Paper Title
Enhanced Robust Architecture Of Single Bit SRAM Cell Using Drowsy Cache And Super Cutoff CMOS Concept

Abstract
Now-a-days static random access memory (SRAM) has seen a remarkable and rapid progress in power reduction. Improvement in technology scales down the channel length of MOSFET’s which in turn increases the SRAM stability. SRAM design is crucial since there is strong demand for low speed, low leakage, low power and low noise margin in memory thus it is intentionally built using CMOS circuit design. This paper proposes SRAM cell using Super Cutoff CMOS (SCCMOS) and Drowsy Cache concept which reduces the active and standby mode power consumption by enhancing the data stability and read speed.

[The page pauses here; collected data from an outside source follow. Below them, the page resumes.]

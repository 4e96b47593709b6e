-- ===== src/Scheduler/Tests.antt =====
-- A concrete scheduler with two executors and three I/O threads, for the theorems on it.
use demeter.Prelude.{
  nat_eqb_iff, Bool-cases, Ensures, contains, length, take, lookup, ◌==◌, Str, bytes, str_eqb,
  str_eqb_iff, nat_eq, str_eq, ℕ, ◌+◌, ◌%◌, ◌≡◌, refl, inl, inr, false, none, some, [], ◌∷◌, arith,
}
use demeter.Trigger.Tests.{Message, immediate, messages}
use demeter.Coordinator.{to_string, tcp_address}
use demeter.Scheduler.{
  InflightFuncArgs, DelayFunctionCall, data_resp, to_data_server, to_data_client, copy, emit,
  CommHelper, Scheduler, Env,
}
use demeter.Scheduler.Comm.{
  u32, data_access_client_port, get_key_address, send_data_req_base, get_kvs_async,
}
use demeter.Scheduler.Comm.Threads.{IsReady, Served, get_kvs_async-IsReady}
use demeter.Scheduler.Data.{get_shm_obj, handle_data_request, handle_data_response}
use demeter.Scheduler.Data.Exchange.{send_data_req_base-exchange}
use demeter.Scheduler.Calls.{find_executors, schedule_func_call}
use demeter.Scheduler.Calls.Free.{IsMap}
use demeter.Scheduler.Calls.Outcomes.{Gives, IsOutcome, schedule_func_call-IsOutcome}
use demeter.Scheduler.Calls.Runs.{schedule_func_call-Gives}
use demeter.Trigger.Any.{new_immediate}
use demeter.Scheduler.Reruns.{due_item, rerun_check}
use demeter.Scheduler.Reruns.Ends.{TakeTime, rerun_check-ends}
use demeter.Scheduler.Responses.{call_with_keys, handle_data_resp}
use demeter.Scheduler.Responses.Index.{awaits, listed, IsIndexed}
use demeter.Scheduler.Responses.Arrive.{Arrived, handle_data_resp-Arrived}
use demeter.Scheduler.Responses.Requested.{Requested, call_with_keys-Requested}

abbrev pub env : Env Message ℕ
env = record {
  pb = messages;
  empty_primitive = immediate (record { function = [] });
  zero_cores = 0;
  string_of_double = to_string;
  rand_r = λ seed. (seed, seed + 1);
  shm = λ name size. take size (bytes "pixels");
  serialize_lww = λ time val. val;
  deserialize_lww = λ payload. payload;
  executor_count = 2;
  shared_executor = false;
  reject_extra_req = false;
  sched_delay_time = 0;
}

abbrev picture : Str
picture = bytes "pics|cat"

abbrev helper : CommHelper ℕ
helper = record {
  ip = bytes "10.0.0.1";
  routing_threads = [];
  app_coord_map = (bytes "app", record { ip = bytes "10.0.0.9"; tid = 0 }) ∷ [];
  bucket_coord_map = [];
  rid = 0;
  io_thread_count = 3;
  io_thread_id = 0;
  key_address_cache = (picture, bytes "tcp://10.0.0.2:4400") ∷ [];
  secondary_thread_msg_queues = [] ∷ [] ∷ [];
  sent = [];
}

-- Executor 0 has run `resize`, and executor 1 is empty.
abbrev pub worker : Scheduler ℕ
worker = record {
  helper = helper;
  seed = 7;
  delay_call_queue = [];
  key_len_map = [];
  key_val_map = [];
  session_client_addr_map = [];
  rerun_check_queue = [];
  func_trigger_timeout_map = [];
  call_id = 4;
  waiting = record { call_id_inflight_args_map = []; key_call_id_map = [] };
  key_remote_get_map = [];
  key_ksv_put_map = [];
  app_info_map = [];
  func_app_map = (bytes "resize", bytes "app") ∷ [];
  bucket_app_map = [];
  function_executor_map = (bytes "resize", 0 ∷ []) ∷ [];
  executor_status_map = (0, 1) ∷ (1, 0) ∷ [];
  bucket_triggers_map = [];
  triggers = [];
}

abbrev resize : DelayFunctionCall ℕ
resize = record {
  session_id = bytes "0123456789abcdef";
  app_name = bytes "app";
  func_name = bytes "resize";
  func_args = bytes "100x100" ∷ [];
  arg_flag = 0;
  cpu_cores = 1;
  memory_mb = 128;
  trigger_time = 0;
}

-- A call of `resize` on the picture.
abbrev on_picture : InflightFuncArgs ℕ
on_picture = record {
  func_name = bytes "resize";
  session_id = bytes "0123456789abcdef";
  key_args = picture ∷ [];
  inflight_args = picture ∷ [];
  arg_flag = 1;
  cpu_cores = 1;
  memory_mb = 128;
}

-- Call 3 waits for the picture.
abbrev waiting_worker : Scheduler ℕ
waiting_worker = record worker {
  waiting = record {
    call_id_inflight_args_map = (3, on_picture) ∷ [];
    key_call_id_map = (picture, 3 ∷ []) ∷ [];
  };
}

worker-IsIndexed : IsIndexed worker.waiting
unfolding listed awaits lookup contains
worker-IsIndexed = record { agree = λ key cid. refl; sets = λ key. tt }

waiting_worker-IsIndexed : IsIndexed waiting_worker.waiting
unfolding listed awaits lookup contains
waiting_worker-IsIndexed = record {
  agree = λ key cid. ground (arith, str_eqb_iff picture key, nat_eqb_iff 3 cid);
  sets = λ key. ground (arith, str_eqb_iff picture key);
}

helper-IsReady : IsReady helper
helper-IsReady = record {
  started = omega arith;
  small = omega arith;
  current = λ many. omega arith;
  queues = refl;
}

worker-IsMap : IsMap worker.executor_status_map
unfolding contains
worker-IsMap = (refl, (refl, tt))

schedule_func_call-IsOutcome_example :
    Ensures (IsOutcome env worker resize) (schedule_func_call env resize worker)
schedule_func_call-IsOutcome_example = schedule_func_call-IsOutcome env resize worker worker-IsMap

schedule_func_call-Gives_example :
    (s' : Scheduler ℕ) × (schedule_func_call env resize worker ≡ some s')
    × Gives env worker resize s'
schedule_func_call-Gives_example =
    schedule_func_call-Gives env resize worker worker-IsMap (omega arith, (omega arith, tt))
      (unfold find_executors lookup contains str_eqb in refl)

handle_data_resp-Arrived_example :
    Ensures
      (λ (s' : Scheduler ℕ). Arrived picture waiting_worker.waiting s'.waiting)
      (handle_data_resp env 0 picture 6 waiting_worker)
handle_data_resp-Arrived_example =
    handle_data_resp-Arrived env 0 picture 6 waiting_worker waiting_worker-IsIndexed

call_with_keys-Requested_example :
    Ensures
      (λ (s' : Scheduler ℕ). Requested 4 [] (picture ∷ []) worker.waiting s'.waiting)
      (call_with_keys env 0 (bytes "app") on_picture worker)
call_with_keys-Requested_example =
    call_with_keys-Requested env 0 (bytes "app") on_picture worker (unfold lookup in refl)
      worker-IsIndexed

send_data_req_base-exchange_example :
    (asked answer : Str) × (send_data_req_base picture 1 helper
      ≡ emit (to_data_server (get_key_address picture helper) asked) helper)
    × (handle_data_request env.shm ((picture, 6) ∷ []) asked helper
        ≡ some (
            emit
              (to_data_client (tcp_address helper.ip ((1 + data_access_client_port) % u32)) answer)
              helper))
    × (handle_data_response answer helper
        ≡ some (
          data_resp picture (length (get_shm_obj env.shm ((picture, 6) ∷ []) picture)),
          emit (copy picture (get_shm_obj env.shm ((picture, 6) ∷ []) picture)) helper,
        ))
send_data_req_base-exchange_example =
    send_data_req_base-exchange env.shm ((picture, 6) ∷ []) picture 1 helper helper (omega arith)
      (unfold get_key_address lookup str_eqb in refl)
      (unfold get_shm_obj lookup str_eqb in omega arith)

get_kvs_async-IsReady_example :
    (h' : CommHelper ℕ) × (get_kvs_async picture helper ≡ some h')
    × IsReady h'
    × Served picture helper h'
get_kvs_async-IsReady_example = get_kvs_async-IsReady picture helper helper-IsReady

-- A result of `resize` is overdue since 5.
abbrev overdue_worker : Scheduler ℕ
overdue_worker = record worker {
  triggers = new_immediate (bytes "resize") (bytes "t") ∷ [];
  rerun_check_queue =
      record { check_time = 5; session = bytes "0123456789abcdef"; trigger_ptr = 0 } ∷ [];
  func_trigger_timeout_map = (bytes "resize", record { trigger_ptr = 0; timeout = 100 } ∷ []) ∷ [];
}

overdue_worker-TakeTime : TakeTime overdue_worker.func_trigger_timeout_map
unfolding lookup
overdue_worker-TakeTime func = elim (Bool-cases (bytes "resize" == func)) [
  | inl hit ↦ rw hit (omega arith, tt)
  | inr miss ↦ rw miss tt
]

rerun_check-ends_example :
    Ensures
      (λ (s' : Scheduler ℕ). due_item 7 s'.rerun_check_queue ≡ none)
      (rerun_check env 7 overdue_worker)
rerun_check-ends_example = rerun_check-ends env 7 overdue_worker overdue_worker-TakeTime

Proposed SRAM cell consists of transmission gate which enables rail to rail swing, Sleep Stack with Keeper Approach. SRAM cell performance depends upon SNM (signal to noise margin) which is improved with the use of transmission gate. Observation is mainly focused on parameters like Read and Write Delay, Average Power, Leakage Power and PDP (power delay product). Proposed SRAM gives 40-60% reduction in Leakage Power Consumption considering power supply voltage of 1.8V and 10-20% decrease in read and write delay. SRAM Architecture with its peripherals is designed, analyzed and implemented in standard gpdk 180nm technology library using Cadence tool. Index Terms—Drowsy Cache Concept, MTCMOS, SCCMOS, Transmission Gate.